WHAT TO PRODUCE:
Go through the entries below and copy every line that holds the word "spare".

DATASET:
********************

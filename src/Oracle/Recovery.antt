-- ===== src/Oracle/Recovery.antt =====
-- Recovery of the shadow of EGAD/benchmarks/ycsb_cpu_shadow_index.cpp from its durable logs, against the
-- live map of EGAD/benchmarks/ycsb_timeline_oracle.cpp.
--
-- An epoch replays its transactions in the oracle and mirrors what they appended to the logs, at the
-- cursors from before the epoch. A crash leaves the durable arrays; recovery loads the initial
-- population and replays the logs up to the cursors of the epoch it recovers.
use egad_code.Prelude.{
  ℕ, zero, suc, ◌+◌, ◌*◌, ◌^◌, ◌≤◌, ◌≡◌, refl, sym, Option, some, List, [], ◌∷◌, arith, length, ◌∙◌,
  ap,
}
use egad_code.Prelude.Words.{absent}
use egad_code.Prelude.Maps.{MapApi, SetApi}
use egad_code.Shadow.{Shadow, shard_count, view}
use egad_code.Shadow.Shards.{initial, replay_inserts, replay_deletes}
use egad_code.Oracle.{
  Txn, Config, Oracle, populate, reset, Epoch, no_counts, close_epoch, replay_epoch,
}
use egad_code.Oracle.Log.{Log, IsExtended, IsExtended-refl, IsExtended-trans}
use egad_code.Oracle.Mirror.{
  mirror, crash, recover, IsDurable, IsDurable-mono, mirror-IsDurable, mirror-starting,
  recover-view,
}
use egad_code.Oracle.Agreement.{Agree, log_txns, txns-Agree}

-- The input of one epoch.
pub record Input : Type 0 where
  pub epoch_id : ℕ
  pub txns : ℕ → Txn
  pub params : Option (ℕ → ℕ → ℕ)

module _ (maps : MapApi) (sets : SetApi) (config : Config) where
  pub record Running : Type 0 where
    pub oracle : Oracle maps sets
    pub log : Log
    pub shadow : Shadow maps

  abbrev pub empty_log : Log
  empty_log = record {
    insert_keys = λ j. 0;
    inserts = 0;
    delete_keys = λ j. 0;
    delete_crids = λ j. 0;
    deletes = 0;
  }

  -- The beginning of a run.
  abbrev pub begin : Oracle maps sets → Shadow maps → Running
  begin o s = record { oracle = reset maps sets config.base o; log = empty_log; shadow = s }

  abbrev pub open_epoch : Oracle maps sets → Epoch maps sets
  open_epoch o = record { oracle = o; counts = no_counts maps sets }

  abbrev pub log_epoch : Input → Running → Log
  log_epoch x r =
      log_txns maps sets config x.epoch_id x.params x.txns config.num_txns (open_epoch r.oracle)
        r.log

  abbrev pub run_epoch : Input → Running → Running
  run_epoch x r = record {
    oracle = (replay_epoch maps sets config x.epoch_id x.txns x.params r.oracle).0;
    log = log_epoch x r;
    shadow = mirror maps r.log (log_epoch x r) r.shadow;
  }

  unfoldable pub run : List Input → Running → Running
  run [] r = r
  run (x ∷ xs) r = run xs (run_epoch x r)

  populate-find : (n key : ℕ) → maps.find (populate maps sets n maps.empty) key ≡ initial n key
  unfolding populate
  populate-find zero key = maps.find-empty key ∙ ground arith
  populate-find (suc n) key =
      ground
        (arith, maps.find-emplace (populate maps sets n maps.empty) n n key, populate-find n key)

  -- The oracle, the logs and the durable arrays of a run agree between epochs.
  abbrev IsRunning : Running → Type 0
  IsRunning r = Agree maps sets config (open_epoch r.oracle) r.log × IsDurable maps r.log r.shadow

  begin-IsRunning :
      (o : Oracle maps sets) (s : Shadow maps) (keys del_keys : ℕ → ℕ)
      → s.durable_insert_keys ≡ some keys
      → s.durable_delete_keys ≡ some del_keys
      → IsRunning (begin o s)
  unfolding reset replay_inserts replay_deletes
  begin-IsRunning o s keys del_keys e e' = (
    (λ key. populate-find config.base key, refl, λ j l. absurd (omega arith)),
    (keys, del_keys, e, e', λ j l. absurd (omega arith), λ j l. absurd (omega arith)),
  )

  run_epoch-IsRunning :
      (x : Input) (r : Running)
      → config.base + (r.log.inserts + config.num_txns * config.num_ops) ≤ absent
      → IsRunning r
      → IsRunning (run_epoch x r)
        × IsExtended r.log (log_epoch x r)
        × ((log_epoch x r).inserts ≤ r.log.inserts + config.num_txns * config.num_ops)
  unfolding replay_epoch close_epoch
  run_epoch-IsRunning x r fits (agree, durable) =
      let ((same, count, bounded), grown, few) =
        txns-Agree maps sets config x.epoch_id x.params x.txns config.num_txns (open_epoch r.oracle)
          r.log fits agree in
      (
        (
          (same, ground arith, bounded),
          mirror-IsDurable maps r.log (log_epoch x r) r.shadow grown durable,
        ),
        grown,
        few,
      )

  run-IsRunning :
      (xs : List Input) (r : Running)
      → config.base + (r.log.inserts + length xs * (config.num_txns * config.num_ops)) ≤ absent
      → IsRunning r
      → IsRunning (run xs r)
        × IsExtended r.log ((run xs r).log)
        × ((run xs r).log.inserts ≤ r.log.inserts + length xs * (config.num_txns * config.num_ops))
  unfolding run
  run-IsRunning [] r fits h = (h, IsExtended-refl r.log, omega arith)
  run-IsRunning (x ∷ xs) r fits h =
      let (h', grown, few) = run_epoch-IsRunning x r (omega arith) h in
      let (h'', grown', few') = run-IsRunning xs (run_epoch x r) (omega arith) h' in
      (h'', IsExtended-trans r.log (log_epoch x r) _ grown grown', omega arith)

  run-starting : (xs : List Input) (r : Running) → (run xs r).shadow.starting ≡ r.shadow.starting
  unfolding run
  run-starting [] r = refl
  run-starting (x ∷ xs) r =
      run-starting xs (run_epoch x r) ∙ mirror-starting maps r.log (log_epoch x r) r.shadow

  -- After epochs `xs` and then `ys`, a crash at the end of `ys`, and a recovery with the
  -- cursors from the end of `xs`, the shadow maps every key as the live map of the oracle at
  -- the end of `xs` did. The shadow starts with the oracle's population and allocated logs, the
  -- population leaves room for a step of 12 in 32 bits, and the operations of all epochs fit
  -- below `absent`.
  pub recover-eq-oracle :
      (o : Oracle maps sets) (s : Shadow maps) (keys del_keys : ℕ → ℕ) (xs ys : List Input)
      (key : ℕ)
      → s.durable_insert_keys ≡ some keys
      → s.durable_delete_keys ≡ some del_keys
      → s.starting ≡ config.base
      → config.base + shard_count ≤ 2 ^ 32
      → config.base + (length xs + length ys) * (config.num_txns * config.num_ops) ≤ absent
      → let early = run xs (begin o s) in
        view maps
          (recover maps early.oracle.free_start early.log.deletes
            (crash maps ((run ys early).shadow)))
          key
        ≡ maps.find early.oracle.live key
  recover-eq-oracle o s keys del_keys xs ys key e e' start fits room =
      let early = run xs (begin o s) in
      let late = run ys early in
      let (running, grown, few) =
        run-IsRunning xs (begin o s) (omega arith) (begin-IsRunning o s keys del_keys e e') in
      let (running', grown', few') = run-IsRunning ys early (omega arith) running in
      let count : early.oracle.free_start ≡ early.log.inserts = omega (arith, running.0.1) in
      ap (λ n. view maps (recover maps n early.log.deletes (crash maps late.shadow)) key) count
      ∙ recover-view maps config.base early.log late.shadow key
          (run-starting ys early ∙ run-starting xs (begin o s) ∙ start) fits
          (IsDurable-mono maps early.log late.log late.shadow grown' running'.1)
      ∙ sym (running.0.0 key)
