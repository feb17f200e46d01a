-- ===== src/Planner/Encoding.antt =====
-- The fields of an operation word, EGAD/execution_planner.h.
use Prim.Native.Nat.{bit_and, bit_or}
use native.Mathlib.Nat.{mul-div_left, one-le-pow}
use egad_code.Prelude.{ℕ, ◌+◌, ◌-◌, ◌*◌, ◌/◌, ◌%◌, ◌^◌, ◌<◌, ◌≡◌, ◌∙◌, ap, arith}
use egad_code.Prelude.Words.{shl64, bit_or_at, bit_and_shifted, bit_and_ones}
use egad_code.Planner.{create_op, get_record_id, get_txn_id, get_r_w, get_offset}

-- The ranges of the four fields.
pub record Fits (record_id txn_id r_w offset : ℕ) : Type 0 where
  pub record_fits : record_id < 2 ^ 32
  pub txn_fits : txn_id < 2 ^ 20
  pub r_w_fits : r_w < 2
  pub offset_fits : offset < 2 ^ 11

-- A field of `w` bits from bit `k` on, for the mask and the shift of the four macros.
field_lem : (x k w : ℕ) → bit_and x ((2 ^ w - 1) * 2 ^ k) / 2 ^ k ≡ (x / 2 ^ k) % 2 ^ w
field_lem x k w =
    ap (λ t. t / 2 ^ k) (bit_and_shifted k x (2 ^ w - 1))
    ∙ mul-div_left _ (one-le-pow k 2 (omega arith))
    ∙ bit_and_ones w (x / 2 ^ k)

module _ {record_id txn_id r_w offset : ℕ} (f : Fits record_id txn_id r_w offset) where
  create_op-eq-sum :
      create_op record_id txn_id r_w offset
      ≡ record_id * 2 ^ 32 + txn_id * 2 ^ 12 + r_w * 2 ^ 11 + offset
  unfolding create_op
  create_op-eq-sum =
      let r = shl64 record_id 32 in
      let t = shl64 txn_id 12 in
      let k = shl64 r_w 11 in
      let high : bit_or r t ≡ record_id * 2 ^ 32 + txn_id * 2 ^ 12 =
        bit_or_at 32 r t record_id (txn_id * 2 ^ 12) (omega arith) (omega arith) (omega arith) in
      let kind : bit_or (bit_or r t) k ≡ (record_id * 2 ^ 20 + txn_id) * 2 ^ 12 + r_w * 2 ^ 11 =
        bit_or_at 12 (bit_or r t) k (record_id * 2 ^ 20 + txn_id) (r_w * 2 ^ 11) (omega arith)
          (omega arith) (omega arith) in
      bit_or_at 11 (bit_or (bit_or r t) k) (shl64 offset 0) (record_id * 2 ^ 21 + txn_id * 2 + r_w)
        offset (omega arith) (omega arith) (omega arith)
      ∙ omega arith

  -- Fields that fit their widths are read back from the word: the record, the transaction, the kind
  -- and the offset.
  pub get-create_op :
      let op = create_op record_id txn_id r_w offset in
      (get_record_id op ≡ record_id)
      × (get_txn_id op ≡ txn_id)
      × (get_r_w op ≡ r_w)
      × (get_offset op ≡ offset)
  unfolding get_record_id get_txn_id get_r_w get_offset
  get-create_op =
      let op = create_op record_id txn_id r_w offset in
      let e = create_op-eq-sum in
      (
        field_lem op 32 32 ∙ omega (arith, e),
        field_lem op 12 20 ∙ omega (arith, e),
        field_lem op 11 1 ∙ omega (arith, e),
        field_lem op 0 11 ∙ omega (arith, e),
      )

********************

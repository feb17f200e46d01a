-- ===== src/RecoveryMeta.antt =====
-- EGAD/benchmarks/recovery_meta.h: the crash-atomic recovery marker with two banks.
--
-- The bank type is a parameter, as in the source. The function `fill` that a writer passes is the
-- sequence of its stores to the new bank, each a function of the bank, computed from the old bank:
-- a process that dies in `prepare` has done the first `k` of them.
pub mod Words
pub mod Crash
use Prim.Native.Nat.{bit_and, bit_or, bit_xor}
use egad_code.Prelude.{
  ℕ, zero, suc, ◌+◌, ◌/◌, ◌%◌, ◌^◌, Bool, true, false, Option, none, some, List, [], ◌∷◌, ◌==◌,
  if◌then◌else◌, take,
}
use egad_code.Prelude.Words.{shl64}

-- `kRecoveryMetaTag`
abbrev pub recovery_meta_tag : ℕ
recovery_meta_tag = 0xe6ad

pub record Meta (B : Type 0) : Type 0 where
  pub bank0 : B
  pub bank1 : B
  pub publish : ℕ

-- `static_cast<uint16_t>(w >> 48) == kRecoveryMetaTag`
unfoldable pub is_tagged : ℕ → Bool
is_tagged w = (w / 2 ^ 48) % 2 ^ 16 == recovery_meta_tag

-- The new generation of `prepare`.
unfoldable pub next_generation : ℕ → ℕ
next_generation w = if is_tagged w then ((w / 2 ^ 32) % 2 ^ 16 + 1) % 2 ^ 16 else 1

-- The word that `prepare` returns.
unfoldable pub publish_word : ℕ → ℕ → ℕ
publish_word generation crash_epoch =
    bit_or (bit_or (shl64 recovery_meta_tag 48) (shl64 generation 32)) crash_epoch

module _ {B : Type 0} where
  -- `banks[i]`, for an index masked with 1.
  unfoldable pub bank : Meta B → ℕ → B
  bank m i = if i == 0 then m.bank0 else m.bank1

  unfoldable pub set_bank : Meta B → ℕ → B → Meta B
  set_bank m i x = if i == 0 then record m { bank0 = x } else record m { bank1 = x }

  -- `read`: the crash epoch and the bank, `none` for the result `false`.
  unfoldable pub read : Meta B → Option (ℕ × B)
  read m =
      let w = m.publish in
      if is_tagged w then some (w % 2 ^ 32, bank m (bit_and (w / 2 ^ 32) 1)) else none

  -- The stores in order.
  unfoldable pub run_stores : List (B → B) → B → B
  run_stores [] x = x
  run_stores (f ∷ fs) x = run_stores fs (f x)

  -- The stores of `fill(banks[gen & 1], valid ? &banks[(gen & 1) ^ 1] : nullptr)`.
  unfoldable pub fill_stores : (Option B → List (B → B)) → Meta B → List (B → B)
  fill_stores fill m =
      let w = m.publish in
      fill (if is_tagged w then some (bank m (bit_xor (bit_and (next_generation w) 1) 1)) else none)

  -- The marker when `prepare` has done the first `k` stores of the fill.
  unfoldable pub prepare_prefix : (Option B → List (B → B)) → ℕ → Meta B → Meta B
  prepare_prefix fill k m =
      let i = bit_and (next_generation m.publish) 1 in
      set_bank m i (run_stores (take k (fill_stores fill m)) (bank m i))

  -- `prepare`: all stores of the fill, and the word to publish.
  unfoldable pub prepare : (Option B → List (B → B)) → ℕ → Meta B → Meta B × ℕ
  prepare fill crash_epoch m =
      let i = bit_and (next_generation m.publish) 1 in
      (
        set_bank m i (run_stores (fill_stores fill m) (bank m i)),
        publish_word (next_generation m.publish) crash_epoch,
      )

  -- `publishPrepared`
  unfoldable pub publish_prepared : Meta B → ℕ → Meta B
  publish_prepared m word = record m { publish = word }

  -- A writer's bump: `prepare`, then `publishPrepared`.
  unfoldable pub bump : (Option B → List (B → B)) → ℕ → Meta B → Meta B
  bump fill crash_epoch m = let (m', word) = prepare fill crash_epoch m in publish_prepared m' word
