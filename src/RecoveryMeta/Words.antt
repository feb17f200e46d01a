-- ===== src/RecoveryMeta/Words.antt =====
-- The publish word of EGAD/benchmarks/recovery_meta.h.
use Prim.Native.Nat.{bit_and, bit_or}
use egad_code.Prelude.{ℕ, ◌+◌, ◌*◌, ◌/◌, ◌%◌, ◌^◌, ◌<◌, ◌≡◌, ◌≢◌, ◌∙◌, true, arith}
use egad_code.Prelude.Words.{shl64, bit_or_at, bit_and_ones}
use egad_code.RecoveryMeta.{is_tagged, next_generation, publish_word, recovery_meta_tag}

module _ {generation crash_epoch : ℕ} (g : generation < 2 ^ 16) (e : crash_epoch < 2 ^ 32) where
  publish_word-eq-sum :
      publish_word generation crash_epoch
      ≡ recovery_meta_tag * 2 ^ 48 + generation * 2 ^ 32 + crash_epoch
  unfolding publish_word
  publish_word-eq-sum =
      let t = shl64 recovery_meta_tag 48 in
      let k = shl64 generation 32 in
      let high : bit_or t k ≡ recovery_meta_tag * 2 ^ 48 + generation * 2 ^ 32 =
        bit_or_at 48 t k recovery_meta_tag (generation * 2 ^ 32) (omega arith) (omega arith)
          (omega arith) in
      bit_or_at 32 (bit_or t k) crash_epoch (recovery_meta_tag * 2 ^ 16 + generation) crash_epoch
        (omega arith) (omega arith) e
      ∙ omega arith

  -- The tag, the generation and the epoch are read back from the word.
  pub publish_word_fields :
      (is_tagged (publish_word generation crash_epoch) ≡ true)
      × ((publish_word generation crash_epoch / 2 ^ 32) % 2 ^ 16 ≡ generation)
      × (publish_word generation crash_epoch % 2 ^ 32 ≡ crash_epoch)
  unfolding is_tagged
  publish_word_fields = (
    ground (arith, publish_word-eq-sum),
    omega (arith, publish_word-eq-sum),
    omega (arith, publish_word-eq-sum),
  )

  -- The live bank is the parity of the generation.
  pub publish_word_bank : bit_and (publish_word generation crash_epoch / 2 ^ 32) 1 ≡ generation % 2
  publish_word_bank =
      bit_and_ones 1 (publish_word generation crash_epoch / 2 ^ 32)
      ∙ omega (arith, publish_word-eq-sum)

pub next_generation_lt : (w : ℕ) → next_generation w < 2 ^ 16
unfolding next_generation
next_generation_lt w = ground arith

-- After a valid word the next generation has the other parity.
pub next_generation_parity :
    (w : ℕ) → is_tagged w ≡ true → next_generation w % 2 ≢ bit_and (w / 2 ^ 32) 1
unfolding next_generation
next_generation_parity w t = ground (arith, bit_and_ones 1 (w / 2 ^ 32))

********************

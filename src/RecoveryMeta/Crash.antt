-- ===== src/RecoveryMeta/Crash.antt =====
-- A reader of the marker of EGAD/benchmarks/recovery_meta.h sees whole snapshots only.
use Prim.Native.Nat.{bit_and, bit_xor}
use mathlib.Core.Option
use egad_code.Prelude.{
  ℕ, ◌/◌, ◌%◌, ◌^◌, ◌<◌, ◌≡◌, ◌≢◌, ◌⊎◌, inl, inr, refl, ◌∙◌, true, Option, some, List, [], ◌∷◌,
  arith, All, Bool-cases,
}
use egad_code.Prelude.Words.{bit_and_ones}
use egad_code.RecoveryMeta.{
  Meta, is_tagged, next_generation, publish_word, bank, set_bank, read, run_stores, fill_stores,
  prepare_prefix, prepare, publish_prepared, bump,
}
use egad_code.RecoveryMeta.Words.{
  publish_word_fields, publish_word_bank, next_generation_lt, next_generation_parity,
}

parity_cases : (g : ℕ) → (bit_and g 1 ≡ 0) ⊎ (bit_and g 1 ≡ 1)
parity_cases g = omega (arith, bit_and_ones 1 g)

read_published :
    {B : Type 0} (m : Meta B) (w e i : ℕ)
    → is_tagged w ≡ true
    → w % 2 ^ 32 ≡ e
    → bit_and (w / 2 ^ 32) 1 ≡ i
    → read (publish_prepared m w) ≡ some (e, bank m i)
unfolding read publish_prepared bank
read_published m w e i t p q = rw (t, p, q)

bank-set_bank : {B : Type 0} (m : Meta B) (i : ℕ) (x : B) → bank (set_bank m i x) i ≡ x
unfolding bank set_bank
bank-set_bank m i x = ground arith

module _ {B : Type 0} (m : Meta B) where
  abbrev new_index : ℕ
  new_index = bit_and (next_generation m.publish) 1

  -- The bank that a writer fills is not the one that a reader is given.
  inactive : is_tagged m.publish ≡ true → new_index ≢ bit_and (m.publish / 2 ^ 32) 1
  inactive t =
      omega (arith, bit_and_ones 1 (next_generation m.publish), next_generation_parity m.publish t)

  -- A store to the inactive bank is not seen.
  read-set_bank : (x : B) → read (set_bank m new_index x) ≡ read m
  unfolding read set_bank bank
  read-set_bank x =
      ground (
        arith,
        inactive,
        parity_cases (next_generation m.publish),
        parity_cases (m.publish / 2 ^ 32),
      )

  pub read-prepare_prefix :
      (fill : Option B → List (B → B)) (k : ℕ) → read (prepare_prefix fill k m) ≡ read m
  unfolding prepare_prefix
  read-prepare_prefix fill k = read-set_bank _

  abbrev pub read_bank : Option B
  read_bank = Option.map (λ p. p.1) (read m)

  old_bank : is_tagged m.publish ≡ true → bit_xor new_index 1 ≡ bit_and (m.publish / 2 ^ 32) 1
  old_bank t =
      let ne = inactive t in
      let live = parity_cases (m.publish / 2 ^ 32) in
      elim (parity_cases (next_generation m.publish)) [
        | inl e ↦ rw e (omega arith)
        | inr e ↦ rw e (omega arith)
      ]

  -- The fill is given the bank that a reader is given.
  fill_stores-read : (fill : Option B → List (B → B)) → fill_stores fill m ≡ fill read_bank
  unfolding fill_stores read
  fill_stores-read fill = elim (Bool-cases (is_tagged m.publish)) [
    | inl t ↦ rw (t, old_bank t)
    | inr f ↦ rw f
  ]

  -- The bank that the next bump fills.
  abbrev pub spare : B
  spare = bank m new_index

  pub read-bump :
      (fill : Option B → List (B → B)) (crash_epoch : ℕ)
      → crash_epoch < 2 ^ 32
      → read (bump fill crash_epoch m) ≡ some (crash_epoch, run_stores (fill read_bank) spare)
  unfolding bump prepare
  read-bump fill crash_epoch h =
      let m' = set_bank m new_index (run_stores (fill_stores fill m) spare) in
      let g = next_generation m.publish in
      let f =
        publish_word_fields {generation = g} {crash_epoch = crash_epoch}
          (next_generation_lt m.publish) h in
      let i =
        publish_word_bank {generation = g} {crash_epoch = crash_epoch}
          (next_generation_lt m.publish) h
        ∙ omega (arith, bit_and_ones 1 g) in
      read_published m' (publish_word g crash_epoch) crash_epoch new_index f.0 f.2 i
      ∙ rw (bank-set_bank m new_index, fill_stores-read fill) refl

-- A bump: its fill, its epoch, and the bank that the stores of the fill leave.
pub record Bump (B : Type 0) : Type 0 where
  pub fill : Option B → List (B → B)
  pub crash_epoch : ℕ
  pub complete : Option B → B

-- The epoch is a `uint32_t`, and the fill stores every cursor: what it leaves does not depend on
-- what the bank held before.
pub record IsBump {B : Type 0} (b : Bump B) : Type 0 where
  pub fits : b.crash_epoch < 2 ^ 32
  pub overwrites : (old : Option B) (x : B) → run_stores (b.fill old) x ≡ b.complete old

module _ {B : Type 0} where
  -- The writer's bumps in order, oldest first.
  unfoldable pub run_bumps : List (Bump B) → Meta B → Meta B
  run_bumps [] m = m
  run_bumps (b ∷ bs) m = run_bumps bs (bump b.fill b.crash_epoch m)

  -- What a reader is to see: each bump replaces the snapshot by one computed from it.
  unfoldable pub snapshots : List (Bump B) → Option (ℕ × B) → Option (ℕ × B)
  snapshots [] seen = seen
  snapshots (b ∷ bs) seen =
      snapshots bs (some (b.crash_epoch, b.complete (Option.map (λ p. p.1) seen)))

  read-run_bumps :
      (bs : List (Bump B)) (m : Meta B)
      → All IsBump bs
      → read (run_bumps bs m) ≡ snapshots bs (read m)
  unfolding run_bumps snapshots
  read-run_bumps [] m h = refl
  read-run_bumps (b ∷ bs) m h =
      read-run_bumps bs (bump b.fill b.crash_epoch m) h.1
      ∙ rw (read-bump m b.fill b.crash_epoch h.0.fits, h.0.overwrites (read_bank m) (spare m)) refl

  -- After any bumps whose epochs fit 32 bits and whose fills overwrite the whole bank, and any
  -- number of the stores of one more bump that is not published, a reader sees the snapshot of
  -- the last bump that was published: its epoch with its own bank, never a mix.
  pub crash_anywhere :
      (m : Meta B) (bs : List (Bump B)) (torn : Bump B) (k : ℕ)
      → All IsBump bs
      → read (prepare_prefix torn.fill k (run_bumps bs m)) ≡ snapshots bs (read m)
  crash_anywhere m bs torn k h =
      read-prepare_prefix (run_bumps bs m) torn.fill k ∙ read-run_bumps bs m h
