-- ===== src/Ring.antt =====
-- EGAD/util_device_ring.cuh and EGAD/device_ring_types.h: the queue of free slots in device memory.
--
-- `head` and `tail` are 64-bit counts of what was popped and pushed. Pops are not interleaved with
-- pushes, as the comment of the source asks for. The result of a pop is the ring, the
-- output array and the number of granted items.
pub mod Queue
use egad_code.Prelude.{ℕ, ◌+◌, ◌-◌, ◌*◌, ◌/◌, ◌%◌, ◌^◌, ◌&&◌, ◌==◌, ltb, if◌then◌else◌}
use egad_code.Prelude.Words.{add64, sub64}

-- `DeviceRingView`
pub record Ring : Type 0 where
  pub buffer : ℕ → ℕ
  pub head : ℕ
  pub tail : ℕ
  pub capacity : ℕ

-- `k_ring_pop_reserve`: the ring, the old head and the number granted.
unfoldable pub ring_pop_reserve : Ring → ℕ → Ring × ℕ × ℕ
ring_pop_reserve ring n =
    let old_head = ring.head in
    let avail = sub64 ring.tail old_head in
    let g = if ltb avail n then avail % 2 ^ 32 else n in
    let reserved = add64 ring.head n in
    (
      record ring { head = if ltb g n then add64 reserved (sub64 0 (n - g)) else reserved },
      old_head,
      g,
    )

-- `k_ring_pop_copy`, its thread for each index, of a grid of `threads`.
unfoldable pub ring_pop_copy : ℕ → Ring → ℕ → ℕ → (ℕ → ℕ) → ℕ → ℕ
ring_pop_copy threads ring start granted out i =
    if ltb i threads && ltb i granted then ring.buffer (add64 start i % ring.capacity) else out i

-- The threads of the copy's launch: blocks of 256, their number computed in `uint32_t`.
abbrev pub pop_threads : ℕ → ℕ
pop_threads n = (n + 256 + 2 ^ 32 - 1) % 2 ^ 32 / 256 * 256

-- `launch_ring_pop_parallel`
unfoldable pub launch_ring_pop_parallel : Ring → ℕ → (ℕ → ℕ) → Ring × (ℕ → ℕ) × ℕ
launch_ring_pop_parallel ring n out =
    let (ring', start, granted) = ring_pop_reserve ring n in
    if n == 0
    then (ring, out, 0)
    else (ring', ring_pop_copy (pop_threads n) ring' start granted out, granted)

********************

SOLUTION TO THIS TASK:
  abbrev pub spare : B
  spare = bank m new_index
      → read (bump fill crash_epoch m) ≡ some (crash_epoch, run_stores (fill read_bank) spare)
      let m' = set_bank m new_index (run_stores (fill_stores fill m) spare) in
      ∙ rw (read-bump m b.fill b.crash_epoch h.0.fits, h.0.overwrites (read_bank m) (spare m)) refl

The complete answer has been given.